Uganda Like This Coffee: Uganda Bugisu Coffee from the Rwenzoris

What’s the deal with Uganda coffee?

I’ve spent the last days in western Uganda, a region I’m visiting for the first time. There’s heaps of coffee coming from this place but honestly it’s never been that interesting to me in the past.

The reason is that the coffee has been very commercial in quality. There is very poor sorting, meaning a lot of defects in the final green coffee product, and all the focus has been on creating volume. It’s a system of coffee collection where it’s difficult to work directly with farmers. All the coffee goes through several layers of middleman and traders. That has been typical “Uganda Bugisu” coffee.

Port bell Kampala
Port Bell transport

It seems almost a bit of a curse that Uganda has been so business friendly, so welcome to the investments of multinational coffee companies. This means they would build large mills and infrastructure that they wouldn’t risk in other countries, but it also means they exert control over the market.

So the whole system is oriented towards their ends, meaning large volumes of commercial coffee at low prices. Never mind the fact that in these regions the coffee plants are good old varieties, and the altitude’s are quite good for specialty coffee, meaning 1400 m and up.

The coffee in the west, traded through the town of Kasese, has always been natural, dry processed. The farmer dries the cherry they pick, and then sells it to local collectors as dried pods, called kiboko,

Drying is inconsistent and actually the coffee usually remains at high moisture when traded, often as high as 17 percent. The collector might sell it again but eventually it ends up with a local huller who converts it to green coffee, still with high moisture and not ready for export. It comes to Kasese town where most of the large players have warehouses for storing and bulking up coffee deliveries.

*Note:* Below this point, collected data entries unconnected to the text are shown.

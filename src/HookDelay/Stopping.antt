-- ===== src/HookDelay/Stopping.antt =====
-- What becomes of the promise that a stop returns: lib/utils/action-hook-delay.js.
use mathlib.Core.Path.{subst}
use jambonz_feature_server.HookDelay.State.{Verb, Processor, say, play, other, missing}
use jambonz_feature_server.HookDelay.Timers.{
  disarm, clear, await_resolver, stop, stop_after_kill, exec_failed, on_playback_start,
  playback_stopped, call_times, on_playback_stop, on_give_up_timer,
}
use jambonz_feature_server.Prelude.{
  ℕ, zero, suc, ◌≤◌, false, Option, none, some, List, [], ◌∷◌, ◌≡◌, refl, sym, arith, if-cases,
}
use jambonz_feature_server.HookDelay.Turns.{
  Op, timer, give_up, playback_start, playback_stop, failed, stopping, killed, step, run, mem,
}

-- Nothing is left that could resolve the promises that are not resolved.
unfoldable pub IsStuck : ℕ → Processor → Type 0
IsStuck k p = p.no_response_armed ≡ [] × p.listeners ≡ 0 × k ≤ p.unresolved

clear-empty : (o : Option ℕ) (ms : List ℕ) → ms ≡ [] → clear o ms ≡ []
unfolding disarm
clear-empty o [] h = go o
  where
    go : (o : Option ℕ) → clear o [] ≡ []
    go none = refl
    go (some n) = refl
clear-empty o (m ∷ ms) h = cc

stop-IsStuck : (k : ℕ) (p : Processor) → IsStuck k p → IsStuck k (stop p).0
unfolding stop await_resolver IsStuck
stop-IsStuck k p (a, b, c) = go p.task_in_progress
  where
    empty : clear p.no_response_timer p.no_response_armed ≡ []
    empty = clear-empty p.no_response_timer p.no_response_armed a

    go : (o : Option Verb) → IsStuck k (stop (record p { task_in_progress = o })).0
    go none = (empty, b, c)
    go (some play) = (empty, b, c)
    go (some say) = (empty, b, omega arith)
    go (some other) = (empty, b, omega arith)
    go (some missing) = (empty, b, omega arith)

call_times-none : (n : ℕ) (p : Processor) → n ≡ 0 → call_times n p ≡ p
call_times-none zero p h = refl
call_times-none (suc n) p h = absurd (omega arith)

on_playback_stop-IsStuck : (k : ℕ) (p : Processor) → IsStuck k p → IsStuck k (on_playback_stop p)
unfolding on_playback_stop IsStuck
on_playback_stop-IsStuck k p (a, b, c) =
    subst (IsStuck k) (sym (call_times-none p.listeners (record p { listeners = 0 }) b))
      (a, refl, c)

on_give_up_timer-IsStuck :
    (k t : ℕ) (p : Processor) → IsStuck k p → IsStuck k (on_give_up_timer t p)
unfolding on_give_up_timer IsStuck
on_give_up_timer-IsStuck k t p h =
    let q = record p { active = false; give_up_armed = disarm t p.give_up_armed } in
    if-cases (IsStuck k) p.give_up_actions _ _ (λ _. h) (λ _. stop-IsStuck k q h)

none_fires : (t : ℕ) (ms : List ℕ) → ms ≡ [] → mem t ms ≡ false
unfolding mem
none_fires t [] h = refl
none_fires t (m ∷ ms) h = cc

step-IsStuck : (k : ℕ) (op : Op) (p : Processor) → IsStuck k p → IsStuck k (step op p)
unfolding step on_playback_start exec_failed stop_after_kill await_resolver IsStuck
step-IsStuck k (timer made t) p (a, b, c) =
    if-cases (IsStuck k) (mem t p.no_response_armed) _ _
      (λ fires. let silent = none_fires t p.no_response_armed a in cc) (λ _. (a, b, c))
step-IsStuck k (give_up t) p h =
    if-cases (IsStuck k) (mem t p.give_up_armed) _ _ (λ _. on_give_up_timer-IsStuck k t p h)
      (λ _. h)
step-IsStuck k playback_start p h =
    if-cases (IsStuck k) p.active _ _ (λ _. h)
      (λ _. if-cases (IsStuck k) p.ep _ _ (λ _. h) (λ _. h))
step-IsStuck k playback_stop p h = on_playback_stop-IsStuck k p h
step-IsStuck k failed p (a, b, c) =
    if-cases (IsStuck k) p.ep _ _ (λ _. (a, refl, c)) (λ _. (a, b, c))
step-IsStuck k stopping p h = stop-IsStuck k p h
step-IsStuck k killed p (a, b, c) = (a, b, omega arith)

run-IsStuck : (k : ℕ) (ops : List Op) (p : Processor) → IsStuck k p → IsStuck k (run ops p)
unfolding run
run-IsStuck k [] p h = h
run-IsStuck k (op ∷ ops) p h = run-IsStuck k ops (step op p) (step-IsStuck k op p h)

-- Two stops while a say plays, and then its end.
unfoldable pub stopped_twice : Processor → Processor
unfolding stop on_playback_stop
stopped_twice p = on_playback_stop (stop (stop p).0).0

stopped_twice-IsStuck :
    (p : Processor)
    → p.task_in_progress ≡ some say
    → p.listeners ≡ 1
    → p.no_response_armed ≡ []
    → IsStuck (suc p.unresolved) (stopped_twice p)
unfolding stopped_twice stop on_playback_stop await_resolver playback_stopped IsStuck
stopped_twice-IsStuck p task one unarmed =
    subst (λ o. Goal o p.listeners) (sym task)
      (subst (λ l. Goal (some say) l) (sym one)
        (clear-empty p.no_response_timer p.no_response_armed unarmed, refl, omega arith))
  where
    Goal : Option Verb → ℕ → Type 0
    Goal o l =
        IsStuck (suc p.unresolved)
          (stopped_twice (record p { task_in_progress = o; listeners = l }))

-- Where a say plays, with one listener and no timer armed, after two stops and the end of the say
-- one more promise is unresolved than before, and stays so for any list of events before the next
-- start.
pub stop_twice_strands :
    (ops : List Op) (p : Processor)
    → p.task_in_progress ≡ some say
    → p.listeners ≡ 1
    → p.no_response_armed ≡ []
    → suc p.unresolved ≤ (run ops (stopped_twice p)).unresolved
unfolding IsStuck
stop_twice_strands ops p task one unarmed =
    (run-IsStuck _ ops _ (stopped_twice-IsStuck p task one unarmed)).2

Collector systems like this, where Coffee is delivered to a central town where the end buyer awaits deliveries, usually don’t benefit the farmer much or produce quality coffee. None of the training needed to ensure quality practices travels from a place like Kasese back to the farmer and their trees.

Yet the various layers of collection are needed because at each level, people want to be paid quickly for their product. Also the Rwenzori mountains are challenging with few roads were small trucks can reach farmer areas. Coffee is generally brought to collection points by the farmer on foot, animal or motorcycle (called Boda Boda here)

Roasted coffee sample from Okoro area
Roasted coffee sample from Okoro area

I’ve been cupping out the results of some new approaches to coffee here. In one case, raised bed naturals that are carefully sorted high standards, a.k.a. all ripe fruit. The coffee is way better than commercial types, yet the humidity and rain is here during drying time shapes the cup profile I believe. It’s not Ethiopian natural.

In other parts of these mountains, new washing stations are opening. These are very promising, with coffee grounds at altitudes of 1800 m and higher. Transportation of these coffees is a bit difficult, and even visiting all these farms on a single trip, as they are many hours away from the central trading towns or Kampala.

Other areas like Paida have promise, and of course the coffees we have seen and places visited before, traded out on Mbale in the east. These are the Mount Elgon coffees like Sipi Falls brand, called Bugisu. Here in the west the naturals are called Drugars. I used to think this was an area or name of a group of people! It’s actually an acronym: DRy UGanda ARabica !

Loading kiboko coffee, which are dried natural pods
Loading kiboko coffee, which are dried natural pods

In the coming weeks I will figure out what the real quality potential is here. Many of the coffee samples I was tasting were too fresh and in some cases roasted poorly in the lab. It’s always better to get samples back home and roast them under familiar conditions.

In many ways, I’m reminded of Honduras here. No, there’s nothing Honduran about Uganda! But here is the coffee system tailored to the big volume buyers, with giant Mills that can’t produce separate lots, and little focus historically on exploring the quality potential of the coffee. Yet that potential is real then exists. It’s going to take a change in mindset, and real on the ground investment. It’s going to mean direct contact with farmers, and finding a truly valuable role for the middleman where they increase the value of the coffee quality.

Lupa the soccer dog in Kampala, a formidable defender
Lupa the soccer dog in Kampala, a formidable defender

And it’s going to take buyers who will reward quality with much better prices. I can’t buy a farm and build a mill here. So someone’s going to have to step up and do the groundwork, and gladly I can see that is happening in several places and with varied approaches. Expect better Uganda coffee soon.